▸ Input data:
======
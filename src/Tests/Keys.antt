-- ===== src/Tests/Keys.antt =====
-- A staff master's key and its upload (backend/apps/playback/objectstore.py).
use shortform_streaming.Prelude.{
  ℕ, ◌-◌, ◌+◌, ◌≤◌, ◌≡◌, refl, arith, Option, none, some, if◌then◌else◌, leb, ltb, ◌&&◌,
  with_prefix, after_prefix,
}
use shortform_streaming.Playback.ObjectKeys.{
  Hmac, PutUrl, staff_master_object_key, pk_from_object_key, mint_put_url,
  verify_staff_put_signature, digit,
}
use shortform_streaming.Playback.ObjectKeys.RoundTrip.{
  pk_from_object_key-staff_master_object_key, minted_verifies,
}

abbrev digit_value : ℕ → Option ℕ
digit_value c = if leb 48 c && leb c 57 then some (c - 48) else none

ascii : (d : ℕ) → d ≤ 9 → digit_value (48 + d) ≡ some d
ascii d h = ground arith

written : staff_master_object_key 40 ≡ some "staff-masters/40"
unfolding staff_master_object_key with_prefix digit
written = refl

pk_from_object_key-staff_master_object_key_example :
    pk_from_object_key digit_value "staff-masters/40" ≡ some 40
pk_from_object_key-staff_master_object_key_example =
    pk_from_object_key-staff_master_object_key digit_value 40 "staff-masters/40" ascii written

abbrev hmac : Hmac
hmac key object_key expires = "5ec2"

abbrev url : PutUrl
url = record { pk = 40; exp = 1600; sig = "5ec2" }

minted : mint_put_url hmac digit_value "secret" "staff-masters/40" 600 1000 ≡ some url
unfolding mint_put_url after_prefix
minted = refl

minted_verifies_example :
    (pk_from_object_key digit_value "staff-masters/40" ≡ some 40)
    × (verify_staff_put_signature hmac "secret" "staff-masters/40" 1600 "5ec2" 1200 ≡ ltb 1200 1600)
minted_verifies_example =
    minted_verifies hmac digit_value "secret" "staff-masters/40" 600 1000 1200 url refl minted
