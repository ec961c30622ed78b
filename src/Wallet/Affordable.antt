-- ===== src/Wallet/Affordable.antt =====
-- When `unlock_episode` of backend/apps/wallet/services.py succeeds.
use shortform_streaming.Prelude.{
  ℕ, ◌≡◌, ◌≤◌, true, ◌&&◌, Bool, none, some, List, [], ◌∷◌, arith, inl, inr, find, any, ◌==◌,
  is_some, find_holds, ==_refl, is_just,
}
use shortform_streaming.Prelude.Int.{pos, neg_ℕ, ◌+ℤ◌, ◌≤ℤ◌}
use shortform_streaming.Model.{
  UserProfile, Wallet, Kind, CoinUnlock, LoadedEpisode, Environment, Error, Store, ok, err, ◌>>=◌,
  Outcome-cases, max_entry_coins, max_balance_coins,
}
use shortform_streaming.Catalog.Episodes.{episode_is_eligible, lock_episode_by_public_id}
use shortform_streaming.Accounts.{current_profile, lock_current_profile}
use shortform_streaming.Entitlements.Policy.{
  lock, LockReason, evaluate_authorize_access, resolve_episode_policy, coin_spending_enabled,
  entitlement_source,
}
use shortform_streaming.Wallet.Ledger.{
  balance, wallet_balance, is_attached, accepts_entry, create_entry, create_unlock, accepts_unlock,
  wallet_of, find_unlock, find_cancellation, has_debit, charge_has_entry,
}
use shortform_streaming.Wallet.Unlocks.{
  UnlockRequest, offer_holds, profile_unlock, profile_cancellation, new_receipt, settle,
  unlock_episode,
}
use shortform_streaming.Wallet.Locking.{locking_known}

module _ {ℓ} {A : Type ℓ} where
  -- A row that a query finds answers any `exists()` that it meets.
  any-met :
      (p q : A → Bool) (xs : List A) (x : A) → find p xs ≡ some x → q x ≡ true → any q xs ≡ true
  any-met p q [] x found met = absurd (cc found)
  any-met p q (y ∷ ys) x found met = ground (arith, any-met p q ys x)

wallet_attached :
    (p : UserProfile) (w : Wallet) (db : Store)
    → wallet_of p db ≡ some w
    → is_attached w.pk db ≡ true
unfolding wallet_of is_attached
wallet_attached p w db owned =
    any-met (λ x. is_just p.pk x.user_profile) (λ x. x.pk == w.pk && is_some x.user_profile)
      db.wallets w owned
      (ground
        (arith, ==_refl w.pk, find_holds (λ x. is_just p.pk x.user_profile) db.wallets w owned))

debit_accepted :
    (w : ℕ) (price : ℕ) (db : Store)
    → is_attached w db ≡ true
    → 1 ≤ price
    → price ≤ max_entry_coins
    → pos price ≤ℤ balance w db.entries
    → balance w db.entries ≤ℤ pos max_balance_coins
    → accepts_entry w Kind.unlock (neg_ℕ price) db ≡ true
unfolding accepts_entry ◌+ℤ◌
debit_accepted w price db attached low high covered bounded = ground (arith, attached)

-- What an unlock needs to be paid.
pub record IsAffordable (env : Environment) (now later : ℕ) (profile p : UserProfile)
    (e : LoadedEpisode) (w : Wallet) (r : UnlockRequest) (db : Store) : Type 0 where
  pub current : current_profile env profile db ≡ some p
  pub enabled : coin_spending_enabled env ≡ true
  pub not_cancelled : profile_cancellation p r.request_id db ≡ none
  pub new : profile_unlock p r.request_id db ≡ none
  pub found : lock_episode_by_public_id db r.episode_id ≡ some e
  pub eligible : episode_is_eligible env.settings db now e ≡ true
  pub owned : wallet_of p db ≡ some w
  pub reasons : List LockReason
  pub locked : evaluate_authorize_access env db later e (some p) ≡ lock reasons
  pub priced : (resolve_episode_policy env e).coin_price ≡ some r.expected_coin_price
  pub offered : offer_holds (resolve_episode_policy env e) r.expected_coin_price r ≡ true
  pub positive : 1 ≤ r.expected_coin_price
  pub bounded_price : r.expected_coin_price ≤ max_entry_coins
  pub covered : pos r.expected_coin_price ≤ℤ balance w.pk db.entries
  pub bounded : balance w.pk db.entries ≤ℤ pos max_balance_coins

module _ (env : Environment) (now later : ℕ) (profile p : UserProfile) (e : LoadedEpisode)
    (w : Wallet) (r : UnlockRequest) (db : Store)
    (h : IsAffordable env now later profile p e w r db) where
  not_entitled : entitlement_source db p e.pk ≡ none
  unfolding evaluate_authorize_access
  not_entitled = ground (arith, h.locked)

  paid_balance :
      (u : CoinUnlock) (db' : Store)
      → new_receipt env later p w e r (lock h.reasons) db ≡ ok u db'
      → balance w.pk db'.entries ≡ neg_ℕ r.expected_coin_price +ℤ balance w.pk db.entries
  unfolding new_receipt ◌>>=◌ create_entry create_unlock balance wallet_balance
  paid_balance u db' done = ground (arith, ==_refl w.pk, h.priced)

  never_refused : (x : Error) → new_receipt env later p w e r (lock h.reasons) db ≡ err x → ⊥
  unfolding new_receipt ◌>>=◌ create_entry create_unlock accepts_unlock accepts_entry is_attached
      find_unlock find_cancellation profile_unlock profile_cancellation wallet_balance has_debit
      charge_has_entry entitlement_source offer_holds wallet_of
  never_refused x failed =
      let attached = wallet_attached p w db h.owned in
      let accepted =
        debit_accepted w.pk r.expected_coin_price db attached h.positive h.bounded_price h.covered
          h.bounded in
      ground (
        arith,
        attached,
        accepted,
        not_entitled,
        h.priced,
        h.offered,
        h.covered,
        h.owned,
        h.new,
        h.not_cancelled,
        h.positive,
        ==_refl w.pk,
        ==_refl r.expected_coin_price,
      )

  unlocks :
      (u : CoinUnlock) (db' : Store)
      → new_receipt env later p w e r (lock h.reasons) db ≡ ok u db'
      → unlock_episode env now later profile r db ≡ ok (u, wallet_balance db' w) db'
  unfolding unlock_episode lock_current_profile settle ◌>>=◌
  unlocks u db' done = ground (
    arith,
    done,
    h.current,
    h.enabled,
    h.not_cancelled,
    h.new,
    h.found,
    h.eligible,
    h.locked,
    locking_known p db w h.owned,
  )

  -- A first request for a locked episode at the offered price is served: if the profile is current
  -- and its wallet covers the price, the unlock commits with the balance less the price.
  pub unlock_episode-IsAffordable :
      (u : CoinUnlock) × (db' : Store) × (unlock_episode env now later profile r db
        ≡ ok (u, neg_ℕ r.expected_coin_price +ℤ balance w.pk db.entries) db')
  unfolding wallet_balance
  unlock_episode-IsAffordable =
      elim (Outcome-cases (new_receipt env later p w e r (lock h.reasons) db)) [
        | inr (x, failed) ↦ absurd (never_refused x failed)
        | inl (u, db', done) ↦ (u, db', rw (← paid_balance u db' done) (unlocks u db' done))
      ]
======
▸ Exercise description: Where does the word "none" appear in the records? Copy every line that holds it.

▸ Result below:
  ℕ, ◌-◌, ◌+◌, ◌≤◌, ◌≡◌, refl, arith, Option, none, some, if◌then◌else◌, leb, ltb, ◌&&◌,
digit_value c = if leb 48 c && leb c 57 then some (c - 48) else none
  ℕ, ◌≡◌, ◌≤◌, true, ◌&&◌, Bool, none, some, List, [], ◌∷◌, arith, inl, inr, find, any, ◌==◌,
  pub not_cancelled : profile_cancellation p r.request_id db ≡ none
  pub new : profile_unlock p r.request_id db ≡ none
  not_entitled : entitlement_source db p e.pk ≡ none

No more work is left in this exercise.